Collected data:

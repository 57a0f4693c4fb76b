-- ===== src/CaptureJournal/Read/Laws.antt =====
-- What readEntries accepts (internal/capturejournal/journal.go).
use atb.Prelude.{
  ℕ, suc, ◌+◌, ◌≡◌, refl, sym, ap, ◌∙◌, subst, String, Bool, false, not, List, [], ◌∷◌, ◌++◌,
  Option, none, some, length, ltb, str_eq, eq_iff, eq_refl, double_negative, same_iff, inl, inr,
  Bool-cases, arith,
}
use atb.Prelude.Int.{pos, eqb_ℤ, eqb_ℤ→eq, eqb_ℤ-refl}
use atb.Prelude.Result.{
  Result, ok, err, ◌>>=◌, ◌>>◌, fail_if, >>=-eq-ok, fail_if-then, ok_injective,
}
use atb.Canonicalize.{Platform}
use atb.CaptureJournal.{
  Entry, JournalError, EntryCodec, compute_hash, journal_format_version, max_line_bytes,
  unsupported_version, wrong_position, wrong_prev_hash, line_overflow,
}
use atb.CaptureJournal.Space.{trim_space}
use atb.CaptureJournal.Read.{
  check_entry, check_hash, found_in, entry_in, read_line, read_lines, count_of, hash_of, last_hash,
  cons?,
}

err_ok : {E A : Type 0} {x : E} {a : A} → ◌≡◌ {A = Result E A} (err x) (ok a) → ⊥
err_ok p = cc

-- An entry that stands behind `n` others of which the last has the hash `prev`.
pub record IsNext (pf : Platform) (n : ℕ) (prev : String) (e : Entry) : Type 0 where
  pub version_one : e.format_version ≡ pos 1
  pub in_place : e.position ≡ pos (n + 1)
  pub on_previous : e.prev_hash ≡ prev
  pub hash_right : compute_hash pf e ≡ some e.hash

-- Entries with the positions n + 1, n + 2 and so on, each on the hash of the one before, with the hashes
-- that their contents have.
abbrev pub IsJournal : Platform → ℕ → String → List Entry → Type 0
IsJournal pf n prev [] = Unit
IsJournal pf n prev (e ∷ es) = IsNext pf n prev e × IsJournal pf (suc n) e.hash es

pass_three :
    (a b c : Bool) (u v w : JournalError) {k : Result JournalError Entry}
    → a ≡ false
    → b ≡ false
    → c ≡ false
    → (fail_if a u >> (fail_if b v >> (fail_if c w >> k))) ≡ k
pass_three a b c u v w p q r = rw (p, q, r) refl

module _ (pf : Platform) (i n : ℕ) (prev : String) where
  check_hash-ok :
      (e e' : Entry) (o : Option String) → check_hash i e o ≡ ok e' → (o ≡ some e.hash) × (e ≡ e')
  unfolding check_hash
  check_hash-ok e e' none p = cc
  check_hash-ok e e' (some h) p = elim (Bool-cases (str_eq h e.hash)) [
    | inl t ↦ (ap some ((eq_iff h e.hash).0 t), ok_injective (rw t at p))
    | inr t ↦ absurd (err_ok (rw t at p))
  ]

  check_hash_complete : (e : Entry) (o : Option String) → o ≡ some e.hash → check_hash i e o ≡ ok e
  unfolding check_hash
  check_hash_complete e o p = rw (p, check_hash, eq_refl e.hash) refl

  check_entry-ok :
      (e e' : Entry) → check_entry pf i n prev e ≡ ok e' → IsNext pf n prev e × (e ≡ e')
  unfolding check_entry
  check_entry-ok e e' p =
      let last = check_hash i e (compute_hash pf e) in
      let third = fail_if (not (str_eq e.prev_hash prev)) (wrong_prev_hash i) >> last in
      let second =
        fail_if (not (eqb_ℤ e.position (pos (n + 1)))) (wrong_position i e.position (n + 1))
        >> third in
      let (v, q) =
        fail_if-then (not (eqb_ℤ e.format_version journal_format_version))
          (unsupported_version e.format_version) second p in
      let (w, r) =
        fail_if-then (not (eqb_ℤ e.position (pos (n + 1)))) (wrong_position i e.position (n + 1))
          third q in
      let (x, s) = fail_if-then (not (str_eq e.prev_hash prev)) (wrong_prev_hash i) last r in
      let (h, same) = check_hash-ok e e' (compute_hash pf e) s in
      (
        record {
          version_one =
              eqb_ℤ→eq e.format_version (pos 1)
                (double_negative (eqb_ℤ e.format_version (pos 1)) v);
          in_place =
              eqb_ℤ→eq e.position (pos (n + 1))
                (double_negative (eqb_ℤ e.position (pos (n + 1))) w);
          on_previous = (same_iff e.prev_hash prev).0 x;
          hash_right = h;
        },
        same,
      )

  check_entry_complete : (e : Entry) → IsNext pf n prev e → check_entry pf i n prev e ≡ ok e
  unfolding check_entry
  check_entry_complete e h =
      pass_three (not (eqb_ℤ e.format_version journal_format_version))
        (not (eqb_ℤ e.position (pos (n + 1)))) (not (str_eq e.prev_hash prev))
        (unsupported_version e.format_version) (wrong_position i e.position (n + 1))
        (wrong_prev_hash i) (ap (λ v. not (eqb_ℤ v (pos 1))) h.version_one)
        (ap (λ v. not (eqb_ℤ v (pos (n + 1)))) h.in_place ∙ ap not (eqb_ℤ-refl (pos (n + 1))))
        ((same_iff e.prev_hash prev).1 h.on_previous)
      ∙ check_hash_complete e (compute_hash pf e) h.hash_right

-- What a round has found: nothing, or an entry that is the next one.
abbrev IsFound : Platform → ℕ → String → Option Entry → Type 0
IsFound pf n prev none = Unit
IsFound pf n prev (some e) = IsNext pf n prev e

module _ (pf : Platform) (c : EntryCodec) where
  found_in-IsFound :
      (i n : ℕ) (prev : String) (o found : Option Entry)
      → found_in pf i n prev o ≡ ok found
      → IsFound pf n prev found
  unfolding found_in
  found_in-IsFound i n prev none found p = cc
  found_in-IsFound i n prev (some e) found p =
      let (e', q, r) = >>=-eq-ok (check_entry pf i n prev e) (λ x. ok (some x)) p in
      let (next, same) = check_entry-ok pf i n prev e e' q in
      subst (IsFound pf n prev) (ok_injective r) (subst (IsNext pf n prev) same next)

  entry_in-IsFound :
      (i n : ℕ) (prev : String) (line : List ℕ) (found : Option Entry)
      → entry_in pf c i n prev line ≡ ok found
      → IsFound pf n prev found
  unfolding entry_in
  entry_in-IsFound i n prev [] found p = subst (IsFound pf n prev) (ok_injective p) tt
  entry_in-IsFound i n prev (b ∷ line) found p =
      found_in-IsFound i n prev (c.decode (b ∷ line)) found p

  read_line-IsFound :
      (i n : ℕ) (prev : String) (raw : List ℕ) (found : Option Entry)
      → read_line pf c i n prev raw ≡ ok found
      → IsFound pf n prev found
  unfolding read_line
  read_line-IsFound i n prev raw found p =
      entry_in-IsFound i n prev (trim_space raw) found
        (fail_if-then (ltb max_line_bytes (length raw)) line_overflow
          (entry_in pf c i n prev (trim_space raw)) p).1

  IsJournal-cons? :
      (n : ℕ) (prev : String) (found : Option Entry) (rest : List Entry)
      → IsFound pf n prev found
      → IsJournal pf (count_of found n) (hash_of found prev) rest
      → IsJournal pf n prev (cons? found rest)
  IsJournal-cons? n prev none rest h k = k
  IsJournal-cons? n prev (some e) rest h k = (h, k)

  read_lines-step :
      (i n : ℕ) (prev : String) (raw : List ℕ) (raws : List (List ℕ)) (es : List Entry)
      → read_lines pf c i n prev (raw ∷ raws) ≡ ok es
      → (found : Option Entry) × (rest : List Entry) × (read_line pf c i n prev raw ≡ ok found)
        × (read_lines pf c (suc i) (count_of found n) (hash_of found prev) raws ≡ ok rest)
        × (cons? found rest ≡ es)
  unfolding read_lines
  read_lines-step i n prev raw raws es p =
      let after =
        λ (f : Option Entry). read_lines pf c (suc i) (count_of f n) (hash_of f prev) raws in
      let (found, l, q) =
        >>=-eq-ok (read_line pf c i n prev raw) (λ f. after f >>= λ rest. ok (cons? f rest)) p in
      let (rest, m, r) = >>=-eq-ok (after found) (λ rest. ok (cons? found rest)) q in
      (found, rest, l, m, ok_injective r)

  -- What the loop returns is a journal.
  pub read_lines-IsJournal :
      (i n : ℕ) (prev : String) (raws : List (List ℕ)) (es : List Entry)
      → read_lines pf c i n prev raws ≡ ok es
      → IsJournal pf n prev es
  unfolding read_lines
  read_lines-IsJournal i n prev [] es p = subst (IsJournal pf n prev) (ok_injective p) tt
  read_lines-IsJournal i n prev (raw ∷ raws) es p =
      let (found, rest, l, m, q) = read_lines-step i n prev raw raws es p in
      subst (IsJournal pf n prev) q (
        IsJournal-cons? n prev found rest (read_line-IsFound i n prev raw found l)
          (read_lines-IsJournal (suc i) (count_of found n) (hash_of found prev) raws rest m))

  read_lines-join :
      (i n : ℕ) (prev : String) (raw : List ℕ) (raws : List (List ℕ)) (found : Option Entry)
      (rest : List Entry)
      → read_line pf c i n prev raw ≡ ok found
      → read_lines pf c (suc i) (count_of found n) (hash_of found prev) raws ≡ ok rest
      → read_lines pf c i n prev (raw ∷ raws) ≡ ok (cons? found rest)
  unfolding read_lines
  read_lines-join i n prev raw raws found rest p q = rw (p, q) refl

  -- What the first round found, taken out of the state behind the whole.
  state_of :
      (n : ℕ) (prev : String) (found : Option Entry) (rest : List Entry) (P : ℕ → String → Type 0)
      → P (n + length (cons? found rest)) (last_hash prev (cons? found rest))
      → P (count_of found n + length rest) (last_hash (hash_of found prev) rest)
  state_of n prev none rest P h = h
  state_of n prev (some e) rest P h = subst (λ k. P k (last_hash e.hash rest)) (omega arith) h

  cons?-append :
      (found : Option Entry) (rest : List Entry) (e : Entry)
      → cons? found (rest ++ e ∷ []) ≡ cons? found rest ++ e ∷ []
  cons?-append none rest e = refl
  cons?-append (some f) rest e = refl

  read_lines-last :
      (i n : ℕ) (prev : String) (raw : List ℕ) (e : Entry)
      → read_line pf c i n prev raw ≡ ok (some e)
      → read_lines pf c i n prev (raw ∷ []) ≡ ok (e ∷ [])
  unfolding read_lines
  read_lines-last i n prev raw e p = read_lines-join i n prev raw [] (some e) [] p refl

  -- One more line, with an entry on the last one.
  pub read_lines-snoc :
      (i n : ℕ) (prev : String) (raws : List (List ℕ)) (raw : List ℕ) (es : List Entry) (e : Entry)
      → read_lines pf c i n prev raws ≡ ok es
      → ((j : ℕ) → read_line pf c j (n + length es) (last_hash prev es) raw ≡ ok (some e))
      → read_lines pf c i n prev (raws ++ raw ∷ []) ≡ ok (es ++ e ∷ [])
  unfolding read_lines
  read_lines-snoc i n prev [] raw es e p h =
      let none_yet : es ≡ [] = sym (ok_injective p) in
      let here =
        subst (λ l. (j : ℕ) → read_line pf c j (n + length l) (last_hash prev l) raw ≡ ok (some e))
          none_yet h in
      subst (λ l. read_lines pf c i n prev (raw ∷ []) ≡ ok (l ++ e ∷ [])) (sym none_yet)
        (read_lines-last i n prev raw e
          (subst (λ k. read_line pf c i k prev raw ≡ ok (some e)) (omega arith) (here i)))
  read_lines-snoc i n prev (r ∷ raws) raw es e p h =
      let (found, rest, l, m, q) = read_lines-step i n prev r raws es p in
      let here =
        subst (λ x. (j : ℕ) → read_line pf c j (n + length x) (last_hash prev x) raw ≡ ok (some e))
          (sym q) h in
      let later =
        read_lines-snoc (suc i) (count_of found n) (hash_of found prev) raws raw rest e m (
          state_of n prev found rest (λ k x. (j : ℕ) → read_line pf c j k x raw ≡ ok (some e))
            here) in
      subst (λ x. read_lines pf c i n prev (r ∷ (raws ++ raw ∷ [])) ≡ ok x)
        (cons?-append found rest e ∙ ap (λ x. x ++ e ∷ []) q)
        (read_lines-join i n prev r (raws ++ raw ∷ []) found (rest ++ e ∷ []) l later)

  entry_in-next :
      (i n : ℕ) (prev : String) (b : ℕ) (line : List ℕ) (e : Entry)
      → c.decode (b ∷ line) ≡ some e
      → IsNext pf n prev e
      → entry_in pf c i n prev (b ∷ line) ≡ ok (some e)
  unfolding entry_in found_in
  entry_in-next i n prev b line e d h = rw (d, found_in, check_entry_complete pf i n prev e h) refl

  -- A line that fits, and stands for the next entry, is read as that entry.
  pub read_line-next :
      (i n : ℕ) (prev : String) (raw : List ℕ) (b : ℕ) (line : List ℕ) (e : Entry)
      → trim_space raw ≡ b ∷ line
      → c.decode (b ∷ line) ≡ some e
      → IsNext pf n prev e
      → ltb max_line_bytes (length raw) ≡ false
      → read_line pf c i n prev raw ≡ ok (some e)
  unfolding read_line
  read_line-next i n prev raw b line e t d h fits =
      rw (fits, t) (entry_in-next i n prev b line e d h)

→ TASK INSTRUCTIONS:
Beginning at the line with "read_lines-snoc (suc i)" and ending at the last line of the entries, print every line exactly.

→ WRITTEN SOLUTION:
        read_lines-snoc (suc i) (count_of found n) (hash_of found prev) raws raw rest e m (
          state_of n prev found rest (λ k x. (j : ℕ) → read_line pf c j k x raw ≡ ok (some e))
            here) in
      subst (λ x. read_lines pf c i n prev (r ∷ (raws ++ raw ∷ [])) ≡ ok x)
        (cons?-append found rest e ∙ ap (λ x. x ++ e ∷ []) q)
        (read_lines-join i n prev r (raws ++ raw ∷ []) found (rest ++ e ∷ []) l later)

  entry_in-next :
      (i n : ℕ) (prev : String) (b : ℕ) (line : List ℕ) (e : Entry)
      → c.decode (b ∷ line) ≡ some e
      → IsNext pf n prev e
      → entry_in pf c i n prev (b ∷ line) ≡ ok (some e)
  unfolding entry_in found_in
  entry_in-next i n prev b line e d h = rw (d, found_in, check_entry_complete pf i n prev e h) refl

  -- A line that fits, and stands for the next entry, is read as that entry.
  pub read_line-next :
      (i n : ℕ) (prev : String) (raw : List ℕ) (b : ℕ) (line : List ℕ) (e : Entry)
      → trim_space raw ≡ b ∷ line
      → c.decode (b ∷ line) ≡ some e
      → IsNext pf n prev e
      → ltb max_line_bytes (length raw) ≡ false
      → read_line pf c i n prev raw ≡ ok (some e)
  unfolding read_line
  read_line-next i n prev raw b line e t d h fits =
      rw (fits, t) (entry_in-next i n prev b line e d h)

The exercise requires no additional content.